EXERCISE:
Between the line containing "normalized-is_kept : (s" and the line containing "(value : String)" lies a run of lines; give that run again exactly, with both of those lines, and nothing else from the entries below.

SOURCE MATERIAL:

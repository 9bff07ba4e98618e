-- ===== src/VirtualNodes/Identifier/Laws.antt =====
-- VirtualNodesPanel.tsx, handleTextChange: what is kept of an identifier.
use mathlib.Core.Bool.{false≢true}
use Prim.Native.Char.{Char, code}
use Prim.Native.String.{String}
use stridetastic.Prelude.{
  Bool, true, false, ◌&&◌, ◌≡◌, refl, ◌==◌, eqb, arith, Bool-cases, inl, inr,
}
use stridetastic.VirtualNodes.Identifier.{
  is_id_char, to_lower, normalized, without_prefix, with_prefix, typed_node_id,
}

-- Only characters that are kept.
unfoldable pub is_kept : String → Bool
is_kept String.[] = true
is_kept (String.◌∷◌ c s) = is_id_char c && is_kept s

to_lower-kept : (c : Char) → is_id_char c ≡ true → to_lower c ≡ c
to_lower-kept c h = ground arith

and_parts : (a b : Bool) → (a && b) ≡ true → (a ≡ true) × (b ≡ true)
and_parts true b h = (refl, h)
and_parts false b h = absurd (false≢true h)

normalized-is_kept : (s : String) → is_kept (normalized s) ≡ true
unfolding normalized is_kept
normalized-is_kept String.[] = refl
normalized-is_kept (String.◌∷◌ c s) = elim (Bool-cases (is_id_char (to_lower c))) [
  | inl stays ↦ rw stays (rw (stays, normalized-is_kept s) refl)
  | inr goes ↦ rw goes (normalized-is_kept s)
]

normalized-kept : (s : String) → is_kept s ≡ true → normalized s ≡ s
unfolding normalized is_kept
normalized-kept String.[] h = refl
normalized-kept (String.◌∷◌ c s) h =
    let (first, rest) = and_parts (is_id_char c) (is_kept s) h in
    rw (to_lower-kept c first, first, normalized-kept s rest) refl

without_prefix-is_kept : (s : String) → is_kept s ≡ true → is_kept (without_prefix s) ≡ true
unfolding without_prefix is_kept
without_prefix-is_kept String.[] h = refl
without_prefix-is_kept (String.◌∷◌ c s) h = elim (Bool-cases (eqb (code c) 33)) [
  | inl mark ↦ rw mark (without_prefix-is_kept s (and_parts (is_id_char c) (is_kept s) h).1)
  | inr other ↦ rw other h
]

without_prefix_idem : (s : String) → without_prefix (without_prefix s) ≡ without_prefix s
unfolding without_prefix
without_prefix_idem String.[] = refl
without_prefix_idem (String.◌∷◌ c s) = elim (Bool-cases (eqb (code c) 33)) [
  | inl mark ↦ rw mark (without_prefix_idem s)
  | inr other ↦ rw other (rw other refl)
]

typed_node_id-with_prefix :
    (s : String)
    → is_kept s ≡ true
    → without_prefix s ≡ s
    → typed_node_id (with_prefix s) ≡ with_prefix s
unfolding typed_node_id normalized without_prefix
typed_node_id-with_prefix s kept bare = elim (Bool-cases (s == "")) [
  | inl blank ↦ rw blank refl
  | inr some_text ↦ rw some_text (rw (normalized-kept s kept, bare, some_text) refl)
]

with_prefix-is_kept : (s : String) → is_kept s ≡ true → is_kept (with_prefix s) ≡ true
unfolding is_kept
with_prefix-is_kept s kept = elim (Bool-cases (s == "")) [
  | inl blank ↦ rw blank refl
  | inr some_text ↦ rw some_text kept
]

-- Whatever is typed, the identifier in the form has only the mark and hexadecimal digits, and typing it
-- again leaves it as it is.
pub typed_node_id_idem :
    (value : String)
    → (is_kept (typed_node_id value) ≡ true)
      × (typed_node_id (typed_node_id value) ≡ typed_node_id value)
unfolding typed_node_id
typed_node_id_idem value =
    let bare = without_prefix (normalized value) in
    let kept = without_prefix-is_kept (normalized value) (normalized-is_kept value) in
    (
      with_prefix-is_kept bare kept,
      typed_node_id-with_prefix bare kept (without_prefix_idem (normalized value)),
    )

ANSWER BOX:
normalized-is_kept : (s : String) → is_kept (normalized s) ≡ true
unfolding normalized is_kept
normalized-is_kept String.[] = refl
normalized-is_kept (String.◌∷◌ c s) = elim (Bool-cases (is_id_char (to_lower c))) [
  | inl stays ↦ rw stays (rw (stays, normalized-is_kept s) refl)
  | inr goes ↦ rw goes (normalized-is_kept s)
]

normalized-kept : (s : String) → is_kept s ≡ true → normalized s ≡ s
unfolding normalized is_kept
normalized-kept String.[] h = refl
normalized-kept (String.◌∷◌ c s) h =
    let (first, rest) = and_parts (is_id_char c) (is_kept s) h in
    rw (to_lower-kept c first, first, normalized-kept s rest) refl

without_prefix-is_kept : (s : String) → is_kept s ≡ true → is_kept (without_prefix s) ≡ true
unfolding without_prefix is_kept
without_prefix-is_kept String.[] h = refl
without_prefix-is_kept (String.◌∷◌ c s) h = elim (Bool-cases (eqb (code c) 33)) [
  | inl mark ↦ rw mark (without_prefix-is_kept s (and_parts (is_id_char c) (is_kept s) h).1)
  | inr other ↦ rw other h
]

without_prefix_idem : (s : String) → without_prefix (without_prefix s) ≡ without_prefix s
unfolding without_prefix
without_prefix_idem String.[] = refl
without_prefix_idem (String.◌∷◌ c s) = elim (Bool-cases (eqb (code c) 33)) [
  | inl mark ↦ rw mark (without_prefix_idem s)
  | inr other ↦ rw other (rw other refl)
]

typed_node_id-with_prefix :
    (s : String)
    → is_kept s ≡ true
    → without_prefix s ≡ s
    → typed_node_id (with_prefix s) ≡ with_prefix s
unfolding typed_node_id normalized without_prefix
typed_node_id-with_prefix s kept bare = elim (Bool-cases (s == "")) [
  | inl blank ↦ rw blank refl
  | inr some_text ↦ rw some_text (rw (normalized-kept s kept, bare, some_text) refl)
]

with_prefix-is_kept : (s : String) → is_kept s ≡ true → is_kept (with_prefix s) ≡ true
unfolding is_kept
with_prefix-is_kept s kept = elim (Bool-cases (s == "")) [
  | inl blank ↦ rw blank refl
  | inr some_text ↦ rw some_text kept
]

-- Whatever is typed, the identifier in the form has only the mark and hexadecimal digits, and typing it
-- again leaves it as it is.
pub typed_node_id_idem :
    (value : String)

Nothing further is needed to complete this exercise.